Suddenly a cry, a horrible anguished cry of despair, penetrated the door of my cell. What was it? It sounded like a man being tortured. But this was no police station. No way of finding out. They shattered me, those screams in the night. What force they must have had to penetrate my padded door! No doubt someone had gone mad. It was so easy in these cells where nothing ever happened. Out loud I asked myself, “What the hell does it matter to you? Think of yourself, only of yourself and your new partner, Dega.” I bent down, straightened up, then gave myself a sharp whack on the chest. It really hurt, so everything was all right: the muscles of my arms were in good shape. What about my legs? I should congratulate them, for I’d been walking over sixteen hours and wasn’t the least bit tired.

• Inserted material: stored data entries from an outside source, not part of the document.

-- ===== src/Application/Starting.antt =====
-- `start_relay_server` of main/main.c: the relay that it sets up, and what a start that fails leaves.
use wisp_esp.Base.{
  List, ◌||◌, ◌≡◌, refl, inr, true, false, some, arith, if_ind, first_where, count_where,
}
use wisp_esp.RateLimiter
use wisp_esp.RateLimiter.Invariant.{init-IsValid}
use wisp_esp.SubManager
use wisp_esp.SubManager.Invariant.{init-Owns}
use wisp_esp.Storage.Types.{IndexEntry, Engine, entries}
use wisp_esp.Storage.Persist.{cells_of, storage_init, init_index, blank_engine}
use wisp_esp.Storage.Chunks.{NvsLaws}
use wisp_esp.Storage.Recovery.{HasIndex, init_index-HasIndex, cells_of-le}
use wisp_esp.Storage.Invariant.{IsValid}
use wisp_esp.WsServer
use wisp_esp.WsServer.{WsServer, EspErr, esp_ok, is_ok, no_connections}
use wisp_esp.WsServer.Invariant.{fresh-IsValid}
use wisp_esp.Relay.{Platform, Relay}
use wisp_esp.Application.{StartAnswers, relay_config, rate_config, start_storage, start}
use wisp_esp.Application.Invariant.{IsSound}

-- Every call that the start makes succeeds, with one of the two arrays of the index.
pub record IsUp (a : StartAnswers) : Type 0 where
  pub subs_lock : a.subs_lock ≡ true
  pub ready : a.storage.lock ≡ true
  pub array : (a.storage.large || a.storage.small) ≡ true
  pub mounted : a.storage.mounted ≡ true
  pub task : a.task ≡ true
  pub server_lock : a.server_lock ≡ true
  pub server_started : is_ok a.server_started ≡ true
  pub handler_registered : is_ok a.handler_registered ≡ true

module _ {p : Platform} (r : Relay p) (a : StartAnswers) where
  abbrev fresh_engine : Engine
  fresh_engine = blank_engine (cells_of a.storage) relay_config.max_event_age_sec

  -- The relay that a start sets up where every call succeeds.
  abbrev pub started : Relay p
  started = record r {
    config = relay_config;
    sub_manager = SubManager.init true;
    has_subs = true;
    store = record r.store { engine = init_index p.nvs fresh_engine r.store.saved };
    has_storage = true;
    limiter = RateLimiter.init (some rate_config);
    has_limiter = true;
    server = record r.server {
      running = true;
      connections = no_connections;
      connection_count = 0;
      installed = true;
      on_message = true;
      on_disconnect = true;
    };
  }

  init_up :
      r.server.running ≡ false
      → IsUp a
      → WsServer.init a.server_lock a.server_started a.handler_registered r.server
        ≡ (esp_ok, record started.server { on_disconnect = r.server.on_disconnect })
  unfolding WsServer.init
  init_up off up =
      let Up = λ (out : EspErr × WsServer).
        out ≡ (esp_ok, record started.server { on_disconnect = r.server.on_disconnect }) in
      if_ind Up r.server.running (λ e. absurd (cc))
        λ e.
          if_ind Up a.server_lock
            (λ l.
              if_ind Up (is_ok a.server_started)
                (λ s.
                  if_ind Up (is_ok a.handler_registered) (λ h. refl)
                    λ h. absurd (let g = up.handler_registered in cc))
                λ s. absurd (let g = up.server_started in cc))
            λ l. absurd (let g = up.server_lock in cc)

  init_ready :
      IsUp a
      → storage_init p.nvs a.storage relay_config.max_event_age_sec r.store.saved
        ≡ (true, started.store.engine)
  unfolding storage_init
  init_ready up = rw (up.ready, up.array, up.mounted) refl

  start-started : r.server.running ≡ false → IsUp a → start r a ≡ started
  unfolding start start_storage
  start-started off up =
      let Up = λ (out : Relay p). out ≡ started in
      if_ind Up r.server.running (λ e. absurd (cc))
        λ e. rw (up.subs_lock, init_ready up, up.task, init_up off up) refl

  pub started-IsSound : IsValid started.store.engine → IsSound r.memory.live started
  unfolding RateLimiter.init SubManager.init first_where count_where
  started-IsSound v = record {
    working = record {
      table = init-Owns true r.memory;
      index = v;
      buckets = init-IsValid (some rate_config) (omega arith);
      has_subs = refl;
      has_storage = refl;
      has_limiter = refl;
    };
    server = fresh-IsValid started.server refl refl;
    installed = refl;
    hook = refl;
    tracked = λ fd. inr (record { bucket = refl; subs = refl });
  }

  -- Where the relay was not running, NVS keeps its laws and holds no index yet or one that a valid
  -- engine of this size has saved with success, and every call of `start_relay_server` succeeds, the
  -- start leaves a sound relay with exactly the entries that were saved, whose subscriptions hold no
  -- memory.
  pub start-IsSound :
      (laws : NvsLaws p.nvs) (es : List IndexEntry)
      → r.server.running ≡ false
      → IsUp a
      → HasIndex p.nvs (cells_of a.storage) es r.store.saved
      → IsSound r.memory.live (start r a) × (entries (start r a).store.engine ≡ es)
  start-IsSound laws es off up has =
      let (same, v) =
        init_index-HasIndex p.nvs laws relay_config.max_event_age_sec (cells_of-le a.storage) has in
      rw (start-started off up) (started-IsSound v, same)
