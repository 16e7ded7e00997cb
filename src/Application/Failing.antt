-- ===== src/Application/Failing.antt =====
-- `start_relay_server` and `cleanup_relay_resources` of main/main.c, where a start fails.
use wisp_esp.Base.{
  ℕ, ◌≡◌, refl, sym, ◌∙◌, inl, inr, Bool, true, false, ◌&&◌, ◌||◌, [], some, arith, if_ind,
  Option-cases, if◌then◌else◌,
}
use wisp_esp.RateLimiter
use wisp_esp.SubManager
use wisp_esp.WsServer
use wisp_esp.WsServer.{WsServer, EspErr, is_ok}
use wisp_esp.Deletion.{Store}
use wisp_esp.Relay.{Platform, Relay}
use wisp_esp.Storage.Types.{Engine, Nvs, small_index}
use wisp_esp.Storage.Persist.{
  StorageAnswers, storage_init, cells_of, no_engine, init_index, load_index, destroy,
}
use wisp_esp.Application.{relay_config, rate_config, StartAnswers, start_storage, start, cleanup}

-- Whether every call that the start makes succeeds.
abbrev pub all_succeed : StartAnswers → Bool
all_succeed a =
    a.subs_lock
    && a.storage.lock
    && (a.storage.large || a.storage.small)
    && a.storage.mounted
    && a.task
    && a.server_lock
    && is_ok a.server_started
    && is_ok a.handler_registered

rest :
    (a : StartAnswers)
    → a.subs_lock ≡ true
    → (a.storage.lock && (a.storage.large || a.storage.small) && a.storage.mounted) ≡ true
    → all_succeed a ≡ false
    → (a.task && a.server_lock && is_ok a.server_started && is_ok a.handler_registered) ≡ false
rest a l k bad = ground arith

-- The engine holds nothing: no array, no mutex, and LittleFS is not mounted.
pub record IsEmpty (eng : Engine) : Type 0 where
  pub off : eng.initialized ≡ false
  pub array : eng.index ≡ []
  pub lock : eng.lock ≡ false
  pub unmounted : eng.mounted ≡ false

-- The server does not run; no object is set up, and the mutex of the subscriptions and all that the
-- engine held are given back.
pub record IsDown {p : Platform} (r : Relay p) : Type 0 where
  pub stopped : r.server.running ≡ false
  pub no_subs : r.has_subs ≡ false
  pub no_storage : r.has_storage ≡ false
  pub no_limiter : r.has_limiter ≡ false
  pub subs_lock : r.sub_manager.lock ≡ false
  pub store : IsEmpty r.store.engine

abbrev Left : Bool × Engine → Type 0
Left out = (out.0 ≡ true → out.1.initialized ≡ true) × (out.0 ≡ false → IsEmpty out.1)

no_engine-Left : (cells ttl : ℕ) → Left (false, no_engine cells ttl)
no_engine-Left cells ttl =
    (λ h. absurd (cc), λ h. record { off = refl; array = refl; lock = refl; unmounted = refl })

init-succeeded :
    (lock : Bool) (started registered : EspErr) (s : WsServer)
    → is_ok (WsServer.init lock started registered s).0 ≡ true
    → (lock && is_ok started && is_ok registered) ≡ true
unfolding WsServer.init
init-succeeded lock started registered s =
    let Fine = λ (out : EspErr × WsServer).
      is_ok out.0 ≡ true → (lock && is_ok started && is_ok registered) ≡ true in
    if_ind Fine s.running (λ e k. absurd (cc))
      λ e.
        if_ind Fine lock
          (λ l.
            if_ind Fine (is_ok started)
              (λ b. if_ind Fine (is_ok registered) (λ c k. rw (l, b, c) refl) λ c k. absurd (cc))
              λ b k. absurd (cc))
          λ l k. absurd (cc)

init-failed :
    (lock : Bool) (started registered : EspErr) (s : WsServer)
    → s.running ≡ false
    → is_ok (WsServer.init lock started registered s).0 ≡ false
    → (WsServer.init lock started registered s).1.running ≡ false
unfolding WsServer.init WsServer.cleanup_init
init-failed lock started registered s off =
    let Fine = λ (out : EspErr × WsServer). is_ok out.0 ≡ false → out.1.running ≡ false in
    if_ind Fine s.running (λ e k. off)
      λ e.
        if_ind Fine lock
          (λ l.
            if_ind Fine (is_ok started)
              (λ b. if_ind Fine (is_ok registered) (λ c k. absurd (cc)) λ c k. refl) λ b k. refl)
          λ l k. refl

module _ (nvs : Nvs) where
  destroy-IsEmpty :
      (eng : Engine) (n : nvs.Store) → eng.initialized ≡ true → IsEmpty (destroy nvs eng n).0
  unfolding destroy
  destroy-IsEmpty eng n on =
      rw on (record { off = refl; array = refl; lock = refl; unmounted = refl })

  init_index-initialized :
      (eng : Engine) (n : nvs.Store) → (init_index nvs eng n).initialized ≡ true
  unfolding init_index
  init_index-initialized eng n = elim (Option-cases (load_index nvs eng n)) [
    | inl e ↦ rw (e, init_index) refl
    | inr (loaded, e) ↦ rw (e, init_index) refl
  ]

  -- A `storage_init` that succeeds leaves an engine that is set up, and one that fails an empty one.
  storage_init-Left :
      (a : StorageAnswers) (ttl : ℕ) (n : nvs.Store) → Left (storage_init nvs a ttl n)
  unfolding storage_init
  storage_init-Left a ttl n =
      if_ind Left a.lock
        (λ l.
          if_ind Left (a.large || a.small)
            (λ c.
              if_ind Left a.mounted (λ k. (λ h. init_index-initialized _ n, λ h. absurd (cc)))
                λ k. no_engine-Left (cells_of a) ttl)
            λ c. no_engine-Left small_index ttl)
        λ l. no_engine-Left 0 ttl

  storage_init-succeeded :
      (a : StorageAnswers) (ttl : ℕ) (n : nvs.Store)
      → (storage_init nvs a ttl n).0 ≡ (a.lock && (a.large || a.small) && a.mounted)
  unfolding storage_init
  storage_init-succeeded a ttl n = ground arith

module _ {p : Platform} where
  cleanup-IsDown :
      (r : Relay p) (limiter storage : Bool)
      → r.server.running ≡ false
      → r.has_subs ≡ true
      → (if limiter then false else r.has_limiter) ≡ false
      → (if storage then false else r.has_storage) ≡ false
      → ((storage && r.has_storage) ≡ true → r.store.engine.initialized ≡ true)
      → ((storage && r.has_storage) ≡ false → IsEmpty r.store.engine)
      → IsDown (cleanup r limiter storage true)
  unfolding cleanup SubManager.destroy
  cleanup-IsDown r limiter storage off on l s set_up empty = record {
    stopped = off;
    no_subs = refl;
    no_storage = s;
    no_limiter = l;
    subs_lock =
        if_ind (λ (mgr : SubManager.SubManager). mgr.lock ≡ false) r.has_subs (λ e. refl)
          λ e. absurd (cc);
    store =
        if_ind (λ (st : Store p.fs p.nvs). IsEmpty st.engine) (storage && r.has_storage)
          (λ e. destroy-IsEmpty p.nvs r.store.engine r.store.saved (set_up e)) empty;
  }

  start_storage-IsDown :
      (r : Relay p) (a : StartAnswers)
      → (a.task && a.server_lock && is_ok a.server_started && is_ok a.handler_registered) ≡ false
      → r.server.running ≡ false
      → r.has_subs ≡ true
      → r.has_limiter ≡ false
      → r.store.engine.initialized ≡ true
      → IsDown (start_storage r a)
  unfolding start_storage
  start_storage-IsDown r a bad off on no_limiter set_up =
      let init = WsServer.init a.server_lock a.server_started a.handler_registered r.server in
      let r1 = record r { has_storage = true } in
      if_ind IsDown a.task
        (λ t.
          if_ind IsDown (is_ok init.0)
            (λ k.
              let good =
                init-succeeded a.server_lock a.server_started a.handler_registered r.server k in
              absurd (let no : (true && true) ≡ false = rw (t, good) at bad in cc))
            λ k.
              cleanup-IsDown
                (record r1 {
                  limiter = RateLimiter.init (some rate_config);
                  has_limiter = true;
                  server = init.1;
                })
                true true
                (init-failed a.server_lock a.server_started a.handler_registered r.server off k) on
                refl refl (λ e. set_up) λ e. absurd (cc))
        λ t. cleanup-IsDown r1 false true off on no_limiter refl (λ e. set_up) λ e. absurd (cc)

  -- Where the relay is down and some call of `start_relay_server` fails, whichever it was, the relay is
  -- down afterwards: the server does not run, no object is set up, the mutex of the subscriptions is
  -- deleted, and the engine has no index, no mutex and no mounted LittleFS.
  pub start-IsDown :
      (r : Relay p) (a : StartAnswers) → IsDown r → all_succeed a ≡ false → IsDown (start r a)
  unfolding start SubManager.init
  start-IsDown r a d bad =
      let ttl = relay_config.max_event_age_sec in
      let ready = storage_init-succeeded p.nvs a.storage ttl r.store.saved in
      let (set_up, empty) = storage_init-Left p.nvs a.storage ttl r.store.saved in
      if_ind IsDown r.server.running (λ e. d)
        λ e.
          if_ind IsDown a.subs_lock
            (λ l.
              if_ind IsDown (storage_init p.nvs a.storage ttl r.store.saved).0
                (λ k.
                  start_storage-IsDown _ a (rest a l (sym ready ∙ k) bad) d.stopped refl
                    d.no_limiter (set_up k))
                λ k.
                  cleanup-IsDown _ false false d.stopped refl d.no_limiter d.no_storage
                    (λ h. absurd (cc)) λ h. empty k)
            λ l. record {
              stopped = d.stopped;
              no_subs = d.no_subs;
              no_storage = d.no_storage;
              no_limiter = d.no_limiter;
              subs_lock = l;
              store = d.store;
            }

The Chinese invented the drop of water falling on the head. The French invented silence. They suppressed every possible distraction. No books, no paper, no pencil, the window with its thick bars completely covered with planks of wood, although a few holes let a little light through.

That harrowing cry left me deeply troubled. I charged around the cell like a beast in a cage. I felt I’d been abandoned, literally buried alive. I was really alone; nothing would ever reach me but screams.

The door opened. It was an old priest. You’re not alone after all. A priest is standing there, right in front of you.

“Good evening, my son. Forgive me for not coming sooner, but I was on holiday. How are you?” With no further ceremony, the kind old man came into my cell and sat down on my cot.